-- ===== src/Detokenizer/Advance.antt =====
-- What one decoded text makes of a request's state: the end of `_incremental_decode`.
use mini_infer.Prelude.{
  ℕ, zero, suc, ◌-◌, ◌≤◌, ◌≡◌, refl, sym, ap, ◌∙◌, true, false, List, [], ◌∷◌, ◌++◌, arith, leb,
  if_both, take, drop, dec_le,
}
use mathlib.Core.List.{append-nil}
use mini_infer.Detokenizer.{DecodeState, advance, slice}
use mini_infer.Detokenizer.Text.{
  safe_len, safe_len_mono, find_valid_utf8_boundary, find_valid_utf8_boundary_lem,
}

-- One more token leaves the safe part of the text as it is, and no tokens are no text.
pub record IsStable (text : List ℕ → List ℕ) : Type 0 where
  pub nothing : text [] ≡ []
  pub keeps :
      (ids : List ℕ) (x : ℕ)
      → take (safe_len (text ids)) (text (ids ++ x ∷ [])) ≡ take (safe_len (text ids)) (text ids)

take_nil : (n : ℕ) → take {A = ℕ} n [] ≡ []
take_nil zero = refl
take_nil (suc n) = refl

take_slice : (a b : ℕ) (xs : List ℕ) → a ≤ b → take a xs ++ take (b - a) (drop a xs) ≡ take b xs
take_slice zero b xs h = ap (λ k. take k xs) (omega arith)
take_slice (suc a) zero xs h = elim h [ ]
take_slice (suc a) (suc b) [] h = take_nil (suc b - suc a)
take_slice (suc a) (suc b) (x ∷ xs) h =
    ap (λ l. x ∷ l)
      (ap (λ k. take a xs ++ take k (drop a xs)) (omega arith) ∙ take_slice a b xs (omega arith))

take-drop : (a : ℕ) (xs : List ℕ) → take a xs ++ drop a xs ≡ xs
take-drop zero xs = refl
take-drop (suc a) [] = refl
take-drop (suc a) (x ∷ xs) = ap (λ l. x ∷ l) (take-drop a xs)

-- A state that has output all that is safe.
pub record IsStreaming (text : List ℕ → List ℕ) (s : DecodeState) : Type 0 where
  pub running : s.finished ≡ false
  pub offset : s.read_offset ≡ safe_len (text s.token_ids)
  pub output : s.output_text ≡ take s.read_offset (text s.token_ids)

module _ (text : List ℕ → List ℕ) (stable : IsStable text) (s : DecodeState)
    (h : IsStreaming text s) (x : ℕ) where
  abbrev pub ids : List ℕ
  ids = s.token_ids ++ x ∷ []

  abbrev pub pushed : DecodeState
  pushed = record s { token_ids = ids; dirty = true }

  kept : s.output_text ≡ take s.read_offset (text ids)
  kept = h.output ∙ rw h.offset (sym (stable.keeps s.token_ids x))

  grows : s.read_offset ≤ safe_len (text ids)
  grows = rw h.offset (safe_len_mono (text s.token_ids) (text ids) (stable.keeps s.token_ids x))

  pub advance-IsStreaming :
      IsStreaming text (advance false (text ids) pushed).1
      × (s.output_text ++ (advance false (text ids) pushed).0
          ≡ (advance false (text ids) pushed).1.output_text)
  unfolding advance
  advance-IsStreaming =
      let b : find_valid_utf8_boundary (text ids) s.read_offset ≡ safe_len (text ids) =
        find_valid_utf8_boundary_lem (text ids) s.read_offset ∙ omega (arith, grows) in
      elim (dec_le (safe_len (text ids)) s.read_offset) [
        | yes l ↦
            let c : leb (safe_len (text ids)) s.read_offset ≡ true = ground arith in
            let same : s.read_offset ≡ safe_len (text ids) = omega (arith, grows) in
            rw (b, c)
              (
                record { running = h.running; offset = same; output = kept },
                append-nil s.output_text,
              )
        | no l ↦
            let c : leb (safe_len (text ids)) s.read_offset ≡ false = ground arith in
            let more : s.output_text ++ slice (text ids) s.read_offset (safe_len (text ids))
                ≡ take (safe_len (text ids)) (text ids) =
              ap (λ l. l ++ slice (text ids) s.read_offset (safe_len (text ids))) kept
              ∙ take_slice s.read_offset (safe_len (text ids)) (text ids) grows in
            rw (b, c) (record { running = h.running; offset = refl; output = more }, refl)
      ]

  pub advance_last : s.output_text ++ (advance true (text ids) pushed).0 ≡ text ids
  unfolding advance
  advance_last =
      ap (λ l. l ++ drop s.read_offset (text ids)) kept ∙ take-drop s.read_offset (text ids)

pub advance-token_ids :
    (full_text : List ℕ) (s : DecodeState) → (advance false full_text s).1.token_ids ≡ s.token_ids
unfolding advance
advance-token_ids full_text s =
    if_both (λ (r : List ℕ × DecodeState). r.1.token_ids ≡ s.token_ids)
      (leb (find_valid_utf8_boundary full_text s.read_offset) s.read_offset) refl refl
###
WORK REQUEST –
Pull every line containing "running" out of the entries.

SOLUTION TO THE PROBLEM –
  pub running : s.finished ≡ false
                record { running = h.running; offset = same; output = kept },
            rw (b, c) (record { running = h.running; offset = refl; output = more }, refl)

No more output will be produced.